I confided in someone today and they made it sound like I am letting satan take over my life. And then made some 'holier than thou' comment saying something like "well, I don't need to do that because I have accepted god...blah blah blah." At first it made me feel worse. But my brother said to me, 'friends should be concerned, not critical'. My brother really has become someone I can go to for wonderful words of advice or to just ground me again. He's right up there on my list of heroes next to my dad and husband. I'm off subject again. So then one of my closest friends says to me, 'she doesn't take much credit for the evil things she has done in her life does she? Cuz the devil made her do it right? Tell her to step up to the plate and stop blaming it on fairy tales. Or the Easter bunny is gonna make her get stuck in traffic to punish her.'

All in all, I have come to the conclusion that these type of Christians that feel the need to force their religion on everyone else are the ones at fault for people trying to remove god from the mainstream. If you weren't so god damned pushy and adamant we might all feel a little less cornered and bombarded and stop looking at religion like a fucking cult. Y'all do it to yourselves. And I don't like kool-aid anyway.

Sunday, February 15, 2009

Valentine's is for gay people

One day a year for romance? Who the hell thought that up? Call me crazy, but I want to be spoiled and adored all year long. This year I once again fell victim to getting carried away in the expectations of grandeur from my significant other. And once again, all those expectations got me nothing but disappointment.

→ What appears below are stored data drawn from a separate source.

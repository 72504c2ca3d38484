-- ===== src/Cron/Fields.antt =====
-- About parseCronField of backend/cron.go: the values that the parts of a field select.
use linuxgsm_dashboard.Base.{
  ℕ, zero, suc, ◌+◌, ◌-◌, ◌*◌, ◌%◌, ◌^◌, ◌≤◌, ◌<◌, ◌≡◌, refl, ◌⊎◌, ◌↔◌, inl, inr, Text, List, [],
  ◌∷◌, true, false, ◌||◌, some, arith, All, atoi, parse_nat, pos, negsuc, cut, split_on, eqt, codes,
  ltb, leb, ◌==◌, if◌then◌else◌, Bool-cases, Option-cases,
}
use linuxgsm_dashboard.Cron.{
  Bits, fill, split_step, part_range, add_part, add_parts, parse_cron_field, as_step, no_bits,
  set_bit, at_most, max_rounds,
}

-- `x` is one of the values from `lo` to `hi` in steps.
abbrev pub Step : ℕ → ℕ → ℕ → ℕ → Type 0
Step lo hi step x = (k : ℕ) × (x ≡ lo + k * step) × (x ≤ hi)

filled :
    (rounds v hi step : ℕ) (bits : Bits) (x : ℕ)
    → hi < 64
    → v ≤ hi + step
    → hi + step < 2 ^ 63
    → fill rounds v hi step bits x ≡ true
    → (bits x ≡ true) ⊎ Step v hi step x
unfolding fill
filled zero v hi step bits x h b w e = inl e
filled (suc rounds) v hi step bits x h b w e = elim (Bool-cases (at_most v hi)) [
  | inr over ↦ inl (ground arith)
  | inl runs ↦
      elim (filled rounds ((v + step) % 2 ^ 64) hi step (if ltb v 64 then set_bit v bits else bits)
        x h (ground arith) w (rw (runs, fill) at e)) [
          | inl old ↦ elim (Bool-cases (x == v)) [
            | inl here ↦ inr (0, ground arith, ground arith)
            | inr other ↦ inl (ground arith)
          ]
          | inr (k, at, le) ↦ inr (k + 1, ground arith, le)
        ]
]

fill_keeps :
    (rounds v hi step : ℕ) (bits : Bits) (x : ℕ)
    → bits x ≡ true
    → fill rounds v hi step bits x ≡ true
unfolding fill
fill_keeps zero v hi step bits x h = h
fill_keeps (suc rounds) v hi step bits x h = elim (Bool-cases (at_most v hi)) [
  | inr over ↦ rw (over, fill) h
  | inl runs ↦
      rw (runs, fill)
        (fill_keeps rounds ((v + step) % 2 ^ 64) hi step (if ltb v 64 then set_bit v bits else bits)
          x (ground arith))
]

fill_reaches :
    (k rounds v hi step : ℕ) (bits : Bits) (x : ℕ)
    → hi < 64
    → 1 ≤ step
    → hi + step < 2 ^ 63
    → hi < v + rounds
    → x ≡ v + k * step
    → x ≤ hi
    → fill rounds v hi step bits x ≡ true
unfolding fill
fill_reaches k zero v hi step bits x h one w f at le = absurd (ground arith)
fill_reaches zero (suc rounds) v hi step bits x h one w f at le = elim (Bool-cases (at_most v hi)) [
  | inr over ↦ absurd (ground arith)
  | inl runs ↦
      rw (runs, fill)
        (fill_keeps rounds ((v + step) % 2 ^ 64) hi step (if ltb v 64 then set_bit v bits else bits)
          x (ground arith))
]
fill_reaches (suc k) (suc rounds) v hi step bits x h one w f at le =
    let next : x ≡ (v + step) + k * step = ground arith in
    let small : (v + step) % 2 ^ 64 ≡ v + step = ground arith in
    elim (Bool-cases (at_most v hi)) [
      | inr over ↦ absurd (ground arith)
      | inl runs ↦
          rw (runs, small, fill)
            (fill_reaches k rounds (v + step) hi step (if ltb v 64 then set_bit v bits else bits) x
              h one w (omega arith) next le)
    ]

fill_empty :
    (rounds v hi step : ℕ) (bits : Bits) → hi < v → v < 2 ^ 63 → fill rounds v hi step bits ≡ bits
unfolding fill
fill_empty zero v hi step bits h w = refl
fill_empty (suc rounds) v hi step bits h w =
    let over : at_most v hi ≡ false = ground arith in rw (over, fill) refl

-- The loop adds the values from `lo` to `hi` in steps, if no step wraps around.
fill_lem :
    (lo hi step : ℕ) (bits : Bits) (x : ℕ)
    → hi < 64
    → lo < 2 ^ 63
    → 1 ≤ step
    → hi + step < 2 ^ 63
    → (fill max_rounds lo hi step bits x ≡ true) ↔ ((bits x ≡ true) ⊎ Step lo hi step x)
fill_lem lo hi step bits x h small one w = elim (Bool-cases (leb lo hi)) [
  | inr empty ↦
      let same = fill_empty max_rounds lo hi step bits (ground arith) small in
      (
        λ e. inl (rw same at e),
        λ s. elim s [ inl old ↦ rw same old | inr (k, at, low) ↦ absurd (ground arith) ],
      )
  | inl le ↦ (
    filled max_rounds lo hi step bits x h (ground arith) w,
    λ s. elim s [
      | inl old ↦ fill_keeps max_rounds lo hi step bits x old
      | inr (k, at, low) ↦ fill_reaches k max_rounds lo hi step bits x h one w (omega arith) at low
    ],
  )
]

atoi_bound : (s : Text) (n : ℕ) → atoi s ≡ some (pos n) → n < 2 ^ 63
unfolding atoi parse_nat
atoi_bound [] n h = cc
atoi_bound (c ∷ s) n h = ground arith

split_step_bound : (part r : Text) (n : ℕ) → split_step part ≡ some (r, n) → 1 ≤ n
unfolding split_step
split_step_bound part r n h = elim (Option-cases (cut b'/' part)) [
  | inl e ↦ ground arith
  | inr ((a, t), e) ↦ elim (Option-cases (as_step (atoi t))) [
    | inl d ↦ ground arith
    | inr (m, d) ↦ ground arith
  ]
]

part_range_bound :
    (low top : ℕ) (r : Text) (n lo hi : ℕ)
    → low < 2 ^ 63
    → part_range low top r n ≡ some (lo, hi)
    → lo < 2 ^ 63
unfolding part_range
part_range_bound low top r n lo hi w h = elim (Bool-cases (eqt r (codes "*"))) [
  | inl star ↦ ground arith
  | inr other ↦ elim (Option-cases (cut b'-' r)) [
    | inl e ↦ elim (Option-cases (atoi r)) [
      | inl d ↦ ground arith
      | inr (pos a, d) ↦ ground (arith, atoi_bound r a d)
      | inr (negsuc a, d) ↦ ground arith
    ]
    | inr ((a, b), e) ↦ elim (Option-cases (atoi a)) [
      | inl d ↦ ground arith
      | inr (negsuc m, d) ↦ ground arith
      | inr (pos m, d) ↦ elim (Option-cases (atoi b)) [
        | inl f ↦ ground arith
        | inr (negsuc k, f) ↦ ground arith
        | inr (pos k, f) ↦ ground (arith, atoi_bound a m d)
      ]
    ]
  ]
]

-- A part selects a value: it has a step and a first and a last value, and the value is reached from
-- the first in steps, without going above the last.
pub record Selects (low top : ℕ) (part : Text) (x : ℕ) : Type 0 where
  pub range_part : Text
  pub step : ℕ
  pub lo : ℕ
  pub hi : ℕ
  pub has_step : split_step part ≡ some (range_part, step)
  pub has_range : part_range low top range_part step ≡ some (lo, hi)
  pub inside : (low ≤ lo) × (hi ≤ top)
  pub reached : Step lo hi step x

-- The step of a part does not wrap around a 64-bit int.
abbrev pub IsModest : Text → Type 0
IsModest part = (r : Text) (n : ℕ) → split_step part ≡ some (r, n) → n < 2 ^ 63 - 64

some_injective : {a b : Bits} → some a ≡ some b → a ≡ b
some_injective e = cc

same_range :
    {low top : ℕ} {part r : Text} {n lo hi x : ℕ}
    → split_step part ≡ some (r, n)
    → part_range low top r n ≡ some (lo, hi)
    → Selects low top part x
    → Step lo hi n x
same_range {low} {top} {part} {r} {n} {lo} {hi} {x} e d p =
    let (k, at, le) = p.reached in
    let s : p.step ≡ n = cc in
    let q : p.range_part ≡ r = cc in
    let first : p.lo ≡ lo = cc in let last : p.hi ≡ hi = cc in (k, cc, rw last at le)

add_part_lem :
    (low top : ℕ) (part : Text) (bits out : Bits) (x : ℕ)
    → top < 64
    → low < 64
    → IsModest part
    → add_part low top part bits ≡ some out
    → (out x ≡ true) ↔ ((bits x ≡ true) ⊎ Selects low top part x)
unfolding add_part
add_part_lem low top part bits out x t l m h = elim (Option-cases (split_step part)) [
  | inl e ↦ ground arith
  | inr ((r, n), e) ↦ elim (Option-cases (part_range low top r n)) [
    | inl d ↦ ground arith
    | inr ((lo, hi), d) ↦ elim (Bool-cases (ltb lo low || ltb top hi)) [
      | inl bad ↦ ground arith
      | inr good ↦
          let same : fill max_rounds lo hi n bits ≡ out =
            some_injective (rw (e, d, good, add_part) at h) in
          let f =
            fill_lem lo hi n bits x (ground arith)
              (part_range_bound low top r n lo hi (omega arith) d) (split_step_bound part r n e)
              (ground (arith, m r n e)) in
          (
            λ o. elim (f.0 (rw same o)) [
              | inl old ↦ inl old
              | inr steps ↦ inr (record {
                range_part = r;
                step = n;
                lo = lo;
                hi = hi;
                has_step = e;
                has_range = d;
                inside = ground arith;
                reached = steps;
              })
            ],
            λ s. rw same at (f.1 (elim s [ inl old ↦ inl old | inr p ↦ inr (same_range e d p) ])),
          )
    ]
  ]
]

abbrev pub Chosen : ℕ → ℕ → ℕ → List Text → Type 0
Chosen low top x [] = ⊥
Chosen low top x (part ∷ parts) = Selects low top part x ⊎ Chosen low top x parts

add_parts_lem :
    (low top : ℕ) (parts : List Text) (bits out : Bits) (x : ℕ)
    → top < 64
    → low < 64
    → All IsModest parts
    → add_parts low top parts bits ≡ some out
    → (out x ≡ true) ↔ ((bits x ≡ true) ⊎ Chosen low top x parts)
unfolding add_parts
add_parts_lem low top [] bits out x t l m h =
    let same : bits ≡ out = some_injective h in
    (
      λ o. inl (rw same o),
      λ s. elim s [ inl old ↦ rw same at old | inr none_left ↦ absurd none_left ],
    )
add_parts_lem low top (part ∷ parts) bits out x t l m h =
    elim (Option-cases (add_part low top part bits)) [
      | inl e ↦ absurd (ground arith)
      | inr (more, e) ↦
          let first = add_part_lem low top part bits more x t l m.0 e in
          let rest = add_parts_lem low top parts more out x t l m.1 (rw (e, add_parts) at h) in
          (
            λ o. elim (rest.0 o) [
              | inl old ↦ elim (first.0 old) [ inl a ↦ inl a | inr b ↦ inr (inl b) ]
              | inr later ↦ inr (inr later)
            ],
            λ s. rest.1 (elim s [
              | inl a ↦ inl (first.1 (inl a))
              | inr c ↦ elim c [ inl b ↦ inl (first.1 (inr b)) | inr later ↦ inr later ]
            ]),
          )
    ]

-- A field of a cron expression that is accepted, with bounds below 64 and steps that do not wrap a
-- 64-bit int, sets exactly the bits of the values that one of its parts between commas selects.
pub parse_cron_field_lem :
    (field : Text) (low top : ℕ) (out : Bits) (x : ℕ)
    → top < 64
    → low < 64
    → All IsModest (split_on b',' field)
    → parse_cron_field field low top ≡ some out
    → (out x ≡ true) ↔ Chosen low top x (split_on b',' field)
unfolding parse_cron_field
parse_cron_field_lem field low top out x t l m h =
    let both = add_parts_lem low top (split_on b',' field) no_bits out x t l m h in
    (λ o. elim (both.0 o) [ inl old ↦ absurd (ground arith) | inr c ↦ c ], λ c. both.1 (inr c))

Chosen-bound : (low top x : ℕ) (parts : List Text) → Chosen low top x parts → (low ≤ x) × (x ≤ top)
Chosen-bound low top x [] c = absurd c
Chosen-bound low top x (part ∷ parts) (inl s) =
    let (k, at, le) = s.reached in let (a, b) = s.inside in (ground arith, omega arith)
Chosen-bound low top x (part ∷ parts) (inr c) = Chosen-bound low top x parts c

-- All the bits that an accepted field sets lie within the bounds of the field, if these are below 64
-- and its steps do not wrap a 64-bit int.
pub parse_cron_field_bound :
    (field : Text) (low top : ℕ) (out : Bits) (x : ℕ)
    → top < 64
    → low < 64
    → All IsModest (split_on b',' field)
    → parse_cron_field field low top ≡ some out
    → out x ≡ true
    → (low ≤ x) × (x ≤ top)
parse_cron_field_bound field low top out x t l m h o =
    Chosen-bound low top x (split_on b',' field)
      ((parse_cron_field_lem field low top out x t l m h).0 o)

I have come to the realization that romance lies in caring. My husband cares about me. He comes home to me every night, he doesn't stray, he works a hard-ass job to provide for me and our daughters, he doesn't go drinking or gambling every paycheck away and would never even come close to laying a hand on his three favorite girls. If I ever have a complaint my husband will go to great lengths to try and fix the problem so I am happy. For pete's sake, we have three dogs! Anyone who knows Cris knows that none of them were his idea. So, when the day it done, I came to the decision that I am loved every damn day of the year. I will no longer get upset when other women 'brag' about all the gifts they get. Screw 'em.....I'm the lucky one.

Thursday, February 12, 2009

I need a vacation

When your younger, why doesn't anyone warn you that having kids melts your brain? I don't think this natural phenomenon happens to men though. It's something that must happen during pregnancy. For example, I don't remember much the time after tenth grade and before having my first daughter, Eve. Even after her for that matter. With my second daughter, Taylor I find myself not remembering when Eve reached certain milestones like finger foods. So I have even had to ask others when babies can eat Cheerios. That's sad. I wonder if I'm gonna suffer from Dementia or Alzheimer's. It's a good thing Cris' favorite movie is The Notebook.

It's also ironic that Eve's favorite movie is Annie. I find a strange sense of personal reflection in this one particular part:




No worries, I won't be stepping on any freckles or ripping the heads off anyone or anything.....I just find it funny that at the end of a long day, I really can relate to Miss Hannigan.